Now if the Party was "entirely apart from and above everything," according to Bukharin's tremendous admission, the Politbureau in its turn, in relation to the Party, was "entirely apart from and above everything." The interest of the cause, popular aspirations, revolutionary progress, became for it so many abstractions divorced from reality. By its isolation it lost all sense of the situation and any power of interpreting it in the light of principles. Its opinions were based on reading official reports and police dossiers. As early as 1922, when Lenin and Trotsky sanctioned the theatrical trial of the Social Revolutionary Party, their only knowledge of the terrorist deeds to be condemned was derived from the biased information of the Cheka. In the Communist International, bloody deeds were and are fomented without the knowledge of the regular Executive Committee. For one affair such as that of Georgia in which Stalin almost succeeded in deceiving the Central Committee, how many others were prepared and decided on the word of officials. With Lenin laid aside—and even if his last counsels had been followed—if Stalin had been removed from the Secretariat and the Central Committee enlarged to a hundred members as the unknown Testament suggested, there would have been no fundamental change without giving back to the Party, the trade unions and the soviets the right to make their voices heard. But that does not seem to have entered the minds of the people at the top, and the voices from below were stifled.

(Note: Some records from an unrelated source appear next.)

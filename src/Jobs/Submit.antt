-- ===== src/Jobs/Submit.antt =====
-- `submit` of jobs/job_manager.cpp as a sequence of moves.
use drive_lab.Prelude.{
  Within, ℕ, suc, ◌+◌, ◌^◌, ◌<◌, ◌≡◌, refl, ◌∙◌, inl, inr, ◌||◌, none, [], ◌∷◌, ◌++◌, leb, length,
  arith, Bool-cases, ==_refl,
}
use mathlib.Core.Path.{subst}
use drive_lab.Drive.{DriveId, drive_id}
use drive_lab.Operation.{OperationRequest}
use drive_lab.Result.{ok, Result-cases}
use drive_lab.Safety.{ExecutionAuthorization, authorize}
use drive_lab.Safety.Policy.{authorize_iff}
use drive_lab.Jobs.{
  JobRecord, JobManager, World, queued, is_queued, is_locked, lock_owner, find_job,
}
use drive_lab.Jobs.Find.{write_job-append, find_job-append_none}
use drive_lab.Jobs.Launch.{log, called, start}
use drive_lab.Jobs.Manager.{next_job_id, new_job, dispatch, enqueue, submit}
use drive_lab.Jobs.Moves.{Board, board, Vetted, Waiting, record_job, Moves, here, after}
use drive_lab.Jobs.Starting.{start-Move}
use drive_lab.Jobs.Sound.{Did, Steady}

pub submit_cases {ℓ} :
    (P : JobManager → Type ℓ) (w : World) (op : OperationRequest) (m : JobManager)
    → P m
    → ((id : DriveId) (a : ExecutionAuthorization)
        → drive_id op.target.identity ≡ ok id
        → authorize op.target op.safety_class m.mode ≡ ok a
        → P (enqueue w op id a m).0)
    → P (submit w op m).0
unfolding submit
submit_cases P w op m refused taken = elim (Result-cases (drive_id op.target.identity)) [
  | inr (x, e) ↦ rw (e, submit) refused
  | inl (id, e) ↦ elim (Result-cases (authorize op.target op.safety_class m.mode)) [
    | inr (x, f) ↦ rw (e, submit, f) refused
    | inl (a, f) ↦ rw (e, submit, f) (taken id a e f)
  ]
]

module _ (w : World) (m : JobManager) (v : Steady m) where
  -- The board once the job is recorded, whatever is then decided about it.
  recorded_board : JobRecord → ℕ → Board
  recorded_board job next = record {
    next = next;
    jobs = m.jobs ++ (job ∷ []);
    locks = m.active_locks;
  }

  module _ (job : JobRecord) (next : ℕ) (n : job.id ≡ m.next_id) (en : next ≡ suc m.next_id)
      (waits : Waiting job.state) (vetted : Vetted m.mode job)
      (percent : Within 100 job.progress_percent) where
    recorded : Moves w m.mode m.max_parallel_drives (board m) (recorded_board job next)
    unfolding recorded_board
    recorded = after here (record_job job n waits vetted percent en refl refl)

    started :
        job.state ≡ queued
        → lock_owner job.drive_id m.active_locks ≡ none
        → length m.active_locks < m.max_parallel_drives
        → let (job', l, _) = start w m.mode job (called m.ledger) in
          Moves w m.mode m.max_parallel_drives
            (board m)
            (record { next = next; jobs = m.jobs ++ (job' ∷ []); locks = l.active_locks })
    unfolding recorded_board
    started q free room =
        let new : find_job job.id m.jobs ≡ none = v.fresh job.id (omega arith) in
        subst
          (λ js. Moves w m.mode m.max_parallel_drives (board m) (record {
            next = next;
            jobs = js;
            locks = (start w m.mode job (called m.ledger)).1.active_locks;
          }))
          (write_job-append m.jobs job (start w m.mode job (called m.ledger)).0 new)
          (after recorded (
            start-Move w m.mode m.max_parallel_drives next (m.jobs ++ (job ∷ [])) (called m.ledger)
              job (find_job-append_none job.id m.jobs job new ∙ ground (arith, ==_refl job.id)) q
              free room))

    -- `jobs_.push_back`, and then what `submit` decides about the job.
    dispatch-Did : Did w m (dispatch w job (record m { next_id = next; ledger = called m.ledger }))
    unfolding dispatch recorded_board log
    dispatch-Did = elim (Bool-cases (is_queued job.state)) [
      | inr plan ↦ rw plan recorded
      | inl q ↦
          elim (Bool-cases (
            is_locked job.drive_id m.active_locks
            || leb m.max_parallel_drives (length m.active_locks))) [
              | inl wait ↦ rw (q, wait) recorded
              | inr go ↦ rw (q, go) (started (ground arith) (ground arith) (ground arith))
            ]
    ]

  -- Below 2^64 - 1 the job ids do not wrap around.
  pub submit-Did : (op : OperationRequest) → m.next_id + 1 < 2 ^ 64 → Did w m (submit w op m).0
  submit-Did op h = submit_cases (Did w m) w op m here (λ id a e f. enqueue-Did op h id a e f)
    where
      enqueue-Did :
          (op : OperationRequest)
          → m.next_id + 1 < 2 ^ 64
          → (id : DriveId) (a : ExecutionAuthorization) → drive_id op.target.identity ≡ ok id
          → authorize op.target op.safety_class m.mode ≡ ok a
          → Did w m (enqueue w op id a m).0
      enqueue-Did op h id a e f =
          unfold enqueue in
          dispatch-Did (new_job op id a m.next_id (w.now m.calls)) (next_job_id m.next_id) refl
            (omega arith) (ground arith)
            (record { named = e; allowed = ((authorize_iff _ _ _ a).0 f).0 }) (omega arith)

At the beginning of the revolution Gorky had said opportunely, "The old order of things is materially destroyed, but it lives on morally among us and in us. The hundred-headed hydra of ignorance, barbarism, stupidity, treason and villainy is not slain." The warning remained necessary when the N.E.P. was introduced. Bolshevik theorists, it is true, were expected to abolish in five years the spiritual inheritance of the past, the centuries old atavism of oppression and servitude. Driven by extraordinary conditions to extraordinary measures, they only proposed action in the direction of their ultimate aim, and for that purpose to harmonise sooner or later the means and the end. But they had to take care, while there was yet time, to avoid the tendency to follow the line of least resistance in making a virtue of necessity, in perpetuating a dictatorship of distress, and in losing their raison d'etre in order to keep themselves in power.